TASK DETAILS: Every record that follows should appear again in your answer, exactly the same.

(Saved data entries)
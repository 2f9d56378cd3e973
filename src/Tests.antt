-- ===== src/Tests.antt =====
-- Concrete inputs, and what the theorems say of them.
mod Frames
mod Overlay
mod Rules
mod Edit
mod Machine
use ducktape_sdk.Prelude.{ℕ, ◌<◌, ◌≡◌, refl, Bool, true, false, ◌&&◌, List, [], ◌∷◌, ltb, arith}
use ducktape_sdk.Bytes.{IsBytes, ascii}

-- An id of 32 bytes.
abbrev pub some_id : List ℕ
some_id =
    1 ∷ 2 ∷ 3 ∷ 4 ∷ 5 ∷ 6 ∷ 7 ∷ 8 ∷ 9 ∷ 10 ∷ 11 ∷ 12 ∷ 13 ∷ 14 ∷ 15 ∷ 16 ∷ 17 ∷ 18 ∷ 19 ∷ 20 ∷ 21
    ∷ 22 ∷ 23 ∷ 24 ∷ 25 ∷ 26 ∷ 27 ∷ 28 ∷ 29 ∷ 30 ∷ 31 ∷ 255 ∷ []

abbrev pub all_bytes : List ℕ → Bool
all_bytes [] = true
all_bytes (b ∷ bs) = ltb b 256 && all_bytes bs

-- The bytes of a concrete list, by computation.
pub all_bytes→IsBytes : (bs : List ℕ) → all_bytes bs ≡ true → IsBytes bs
all_bytes→IsBytes [] h = tt
all_bytes→IsBytes (b ∷ bs) h = (ground arith, all_bytes→IsBytes bs (ground arith))
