-- ===== src/Tests/Edit.antt =====
-- The tree edit on concrete values. The stand-in for SHA-256 is the identity, and the store is empty.
use ducktape_sdk.Prelude.{ℕ, ◌≡◌, none, some, List, [], ◌∷◌, false}
use ducktape_sdk.Bytes.{ascii}
use ducktape_sdk.Bytes.Order.{bytes_lt}
use ducktape_sdk.Parser.{ok}
use ducktape_sdk.Duckfs.EntryKind
use ducktape_sdk.Duckfs.Objects.{TreeEntry}
use ducktape_sdk.Duckfs.Paths.{Segments}
use ducktape_sdk.Duckfs.Tree.{
  Node, ref_node, dir, empty, child, put, split_last, navigate, materialize, get_child, put_child,
  Fetch,
}
use ducktape_sdk.Duckfs.Tree.Build.{
  get, build_node, dir_entry_readonly, build_node-dir_entry_readonly,
}
use ducktape_sdk.Duckfs.Tree.Put.{put-get}
use ducktape_sdk.Tests.{some_id}

abbrev hash : List ℕ → List ℕ
hash bytes = bytes

abbrev nothing : Fetch
nothing id = ok none

abbrev entry : TreeEntry
entry = record { kind = EntryKind.file; id = some_id; exec = false; size = 5 }

-- A directory that holds one file.
abbrev root : Node
root = dir (child (ascii "shared") (dir (child (ascii "b") (ref_node entry) empty)) empty)

abbrev path : Segments
path = ascii "shared" ∷ ascii "new" ∷ ascii "a.txt" ∷ []

put-get_example : get hash nothing (put nothing root path entry).0 path ≡ ok (some entry)
unfolding put split_last navigate materialize get_child put_child bytes_lt
put-get_example = put-get hash nothing root path entry

build_node-dir_entry_readonly_example : (build_node hash root []).1 ≡ dir_entry_readonly hash root
build_node-dir_entry_readonly_example = build_node-dir_entry_readonly hash root []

ANSWER BOX:
repository 2f9d56378cd3e973
filename src/Tests.antt
-- ===== src/Tests.antt =====
-- Concrete inputs, and what the theorems say of them.
mod Frames
mod Overlay
mod Rules
mod Edit
mod Machine
use ducktape_sdk.Prelude.{ℕ, ◌<◌, ◌≡◌, refl, Bool, true, false, ◌&&◌, List, [], ◌∷◌, ltb, arith}
use ducktape_sdk.Bytes.{IsBytes, ascii}

-- An id of 32 bytes.
abbrev pub some_id : List ℕ
some_id =
    1 ∷ 2 ∷ 3 ∷ 4 ∷ 5 ∷ 6 ∷ 7 ∷ 8 ∷ 9 ∷ 10 ∷ 11 ∷ 12 ∷ 13 ∷ 14 ∷ 15 ∷ 16 ∷ 17 ∷ 18 ∷ 19 ∷ 20 ∷ 21
    ∷ 22 ∷ 23 ∷ 24 ∷ 25 ∷ 26 ∷ 27 ∷ 28 ∷ 29 ∷ 30 ∷ 31 ∷ 255 ∷ []

abbrev pub all_bytes : List ℕ → Bool
all_bytes [] = true
all_bytes (b ∷ bs) = ltb b 256 && all_bytes bs

-- The bytes of a concrete list, by computation.
pub all_bytes→IsBytes : (bs : List ℕ) → all_bytes bs ≡ true → IsBytes bs
all_bytes→IsBytes [] h = tt
all_bytes→IsBytes (b ∷ bs) h = (ground arith, all_bytes→IsBytes bs (ground arith))
-- ===== src/Tests/Edit.antt =====
-- The tree edit on concrete values. The stand-in for SHA-256 is the identity, and the store is empty.
use ducktape_sdk.Prelude.{ℕ, ◌≡◌, none, some, List, [], ◌∷◌, false}
use ducktape_sdk.Bytes.{ascii}
use ducktape_sdk.Bytes.Order.{bytes_lt}
use ducktape_sdk.Parser.{ok}
use ducktape_sdk.Duckfs.EntryKind
use ducktape_sdk.Duckfs.Objects.{TreeEntry}
use ducktape_sdk.Duckfs.Paths.{Segments}
use ducktape_sdk.Duckfs.Tree.{
  Node, ref_node, dir, empty, child, put, split_last, navigate, materialize, get_child, put_child,
  Fetch,
}
use ducktape_sdk.Duckfs.Tree.Build.{
  get, build_node, dir_entry_readonly, build_node-dir_entry_readonly,
}
use ducktape_sdk.Duckfs.Tree.Put.{put-get}
use ducktape_sdk.Tests.{some_id}

abbrev hash : List ℕ → List ℕ
hash bytes = bytes

abbrev nothing : Fetch
nothing id = ok none

abbrev entry : TreeEntry
entry = record { kind = EntryKind.file; id = some_id; exec = false; size = 5 }

-- A directory that holds one file.
abbrev root : Node
root = dir (child (ascii "shared") (dir (child (ascii "b") (ref_node entry) empty)) empty)

abbrev path : Segments
path = ascii "shared" ∷ ascii "new" ∷ ascii "a.txt" ∷ []

put-get_example : get hash nothing (put nothing root path entry).0 path ≡ ok (some entry)
unfolding put split_last navigate materialize get_child put_child bytes_lt
put-get_example = put-get hash nothing root path entry

build_node-dir_entry_readonly_example : (build_node hash root []).1 ≡ dir_entry_readonly hash root
build_node-dir_entry_readonly_example = build_node-dir_entry_readonly hash root []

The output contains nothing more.